The legions of fans who devotedly watch the British drama “Downton Abbey” on PBS have become engrossed in the lives of the ensemble cast of the aristocratic family portrayed in the show. If you’ve not yet been initiated in the drama, let us bring you up to date. Downton Abbey follows the lives of the Crawley family and its ancestral home, the eponymous Downton Abbey. Following the death of the family heir on the Titanic, the show follows the lives of the family members as they navigate through the complicated ramifications of who will inherit the family fortune under the arcane laws of the day.
But what does Downton Abbey have to tell us about modern estate planning? For one thing, the intestacy laws that applied in England during the reign of King George V are, thankfully, not the same as modern American laws. Yet, in some aspects, the drama surrounding the Crawley family as it determines who will inherit the title and rights to the family estate share some common ground with modern estate planning.

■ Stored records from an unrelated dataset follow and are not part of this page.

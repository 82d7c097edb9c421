-- ===== src/Textutils/Fold/Pieces.antt =====
-- The pieces of `foldLine` of internal/applets/textutils/fold/fold.go.
use mimixbox.Prelude.{
  ℕ, zero, suc, ◌≤◌, ◌<◌, ◌≡◌, refl, ◌∙◌, sym, ap, ◌||◌, Bool, Bool-cases, inl, inr, true, false,
  List, [], ◌∷◌, ◌++◌, append-nil, arith, ltb, ◌==◌, Option-cases, none, some, Bytes, length,
  length-take, length-drop, take, drop, take-append-drop, All,
}
use mimixbox.Textutils.Fold.{last_blank, cut_of, fold_loop, fold_line}

unfoldable pub concat : List Bytes → Bytes
concat [] = []
concat (p ∷ pieces) = p ++ concat pieces

concat_cons : (p : Bytes) (pieces : List Bytes) → concat (p ∷ pieces) ≡ p ++ concat pieces
unfolding concat
concat_cons p pieces = refl

last_blank_tail :
    (c : ℕ) (s : Bytes) (k : ℕ) → last_blank s ≡ some k → last_blank (c ∷ s) ≡ some (suc k)
unfolding last_blank
last_blank_tail c s k e = rw (e, last_blank) refl

last_blank_head :
    (c : ℕ) (s : Bytes) (i : ℕ)
    → last_blank s ≡ none
    → last_blank (c ∷ s) ≡ some i
    → i < length (c ∷ s)
unfolding last_blank
last_blank_head c s i e h = elim (Bool-cases (c == b' ' || c == b'\t')) [
  | inl blank ↦
      let found : some 0 ≡ some i = sym (rw (e, blank, last_blank) refl) ∙ h in
      let at_i : 0 ≡ i = cc in omega (arith, at_i)
  | inr other ↦ let found : none ≡ some i = sym (rw (e, other, last_blank) refl) ∙ h in absurd cc
]

last_blank-bound : (s : Bytes) (i : ℕ) → last_blank s ≡ some i → i < length s
unfolding last_blank
last_blank-bound [] i h = cc
last_blank-bound (c ∷ s) i h = elim (Option-cases (last_blank s)) [
  | inl e ↦ last_blank_head c s i e h
  | inr (k, e) ↦
      let here : some (suc k) ≡ some i = sym (last_blank_tail c s k e) ∙ h in
      let at_i : suc k ≡ i = cc in omega (arith, at_i, last_blank-bound s k e)
]

-- A cut leaves less of a line that is too long, and cuts off no more than the width.
pub cut_of-bounds :
    (width : ℕ) (spaces : Bool) (line : Bytes)
    → 1 ≤ width
    → (1 ≤ cut_of width spaces line) × (cut_of width spaces line ≤ width)
unfolding cut_of
cut_of-bounds width false line h = (h, omega arith)
cut_of-bounds width true line h = elim (Option-cases (last_blank (take width line))) [
  | inl e ↦ rw (e, cut_of) (h, omega arith)
  | inr (k, e) ↦
      let inside : k < width =
        omega (arith, last_blank-bound (take width line) k e, length-take width line) in
      rw (e, cut_of) (ground (arith, inside))
]

fold_loop_cut :
    (fuel width : ℕ) (spaces : Bool) (line : Bytes)
    → ltb width (length line) ≡ true
    → fold_loop (suc fuel) width spaces line
      ≡ take (cut_of width spaces line) line
        ∷ fold_loop fuel width spaces (drop (cut_of width spaces line) line)
unfolding fold_loop
fold_loop_cut fuel width spaces line h = rw (h, fold_loop) refl

fold_loop_end :
    (fuel width : ℕ) (spaces : Bool) (line : Bytes)
    → ltb width (length line) ≡ false
    → fold_loop (suc fuel) width spaces line ≡ line ∷ []
unfolding fold_loop
fold_loop_end fuel width spaces line h = rw (h, fold_loop) refl

-- The pieces are those of the line, in order, and none is wider than `width`.
abbrev pub ArePieces : List Bytes → ℕ → Bytes → Type 0
ArePieces pieces width line = (concat pieces ≡ line) × All (λ p. length p ≤ width) pieces

fold_loop-ArePieces :
    (fuel width : ℕ) (spaces : Bool) (line : Bytes)
    → 1 ≤ width
    → length line ≤ fuel
    → ArePieces (fold_loop fuel width spaces line) width line
unfolding concat
fold_loop-ArePieces zero width spaces line h l =
    unfold fold_loop in (append-nil line, (omega arith, tt))
fold_loop-ArePieces (suc fuel) width spaces line h l = elim (Bool-cases (ltb width (length line))) [
  | inl long ↦
      let cut = cut_of width spaces line in
      let bounds = cut_of-bounds width spaces line h in
      let rest =
        fold_loop-ArePieces fuel width spaces (drop cut line) h
          (omega (arith, length-drop cut line, bounds.0)) in
      rw (fold_loop_cut fuel width spaces line long) (
        concat_cons (take cut line) (fold_loop fuel width spaces (drop cut line))
            ∙ ap (λ r. take cut line ++ r) rest.0
            ∙ take-append-drop cut line,
        (omega (arith, length-take cut line, bounds.1), rest.1),
      )
  | inr short ↦
      rw (fold_loop_end fuel width spaces line short) (append-nil line, (ground arith, tt))
]

-- Folding a line at a width of one or more cuts it into pieces that give it back in order, none of
-- them wider, with and without -s.
pub fold_line-ArePieces :
    (line : Bytes) (width : ℕ) (spaces : Bool)
    → 1 ≤ width
    → ArePieces (fold_line line width spaces) width line
unfolding fold_line
fold_line-ArePieces line width spaces h =
    fold_loop-ArePieces (length line) width spaces line h (omega arith)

If you, or your parents, should die without leaving behind a will or other estate planning device, how will your property pass on to your family? Though you don’t have to worry about passing on any of your titles, you should know that if you have taken no legally recognized estate planning steps, your estate will pass in accordance to laws that already choose for you. In New York, these intestacy laws are already in place and apply whether you want them to or not. The only way to avoid them is to create an estate plan of your own.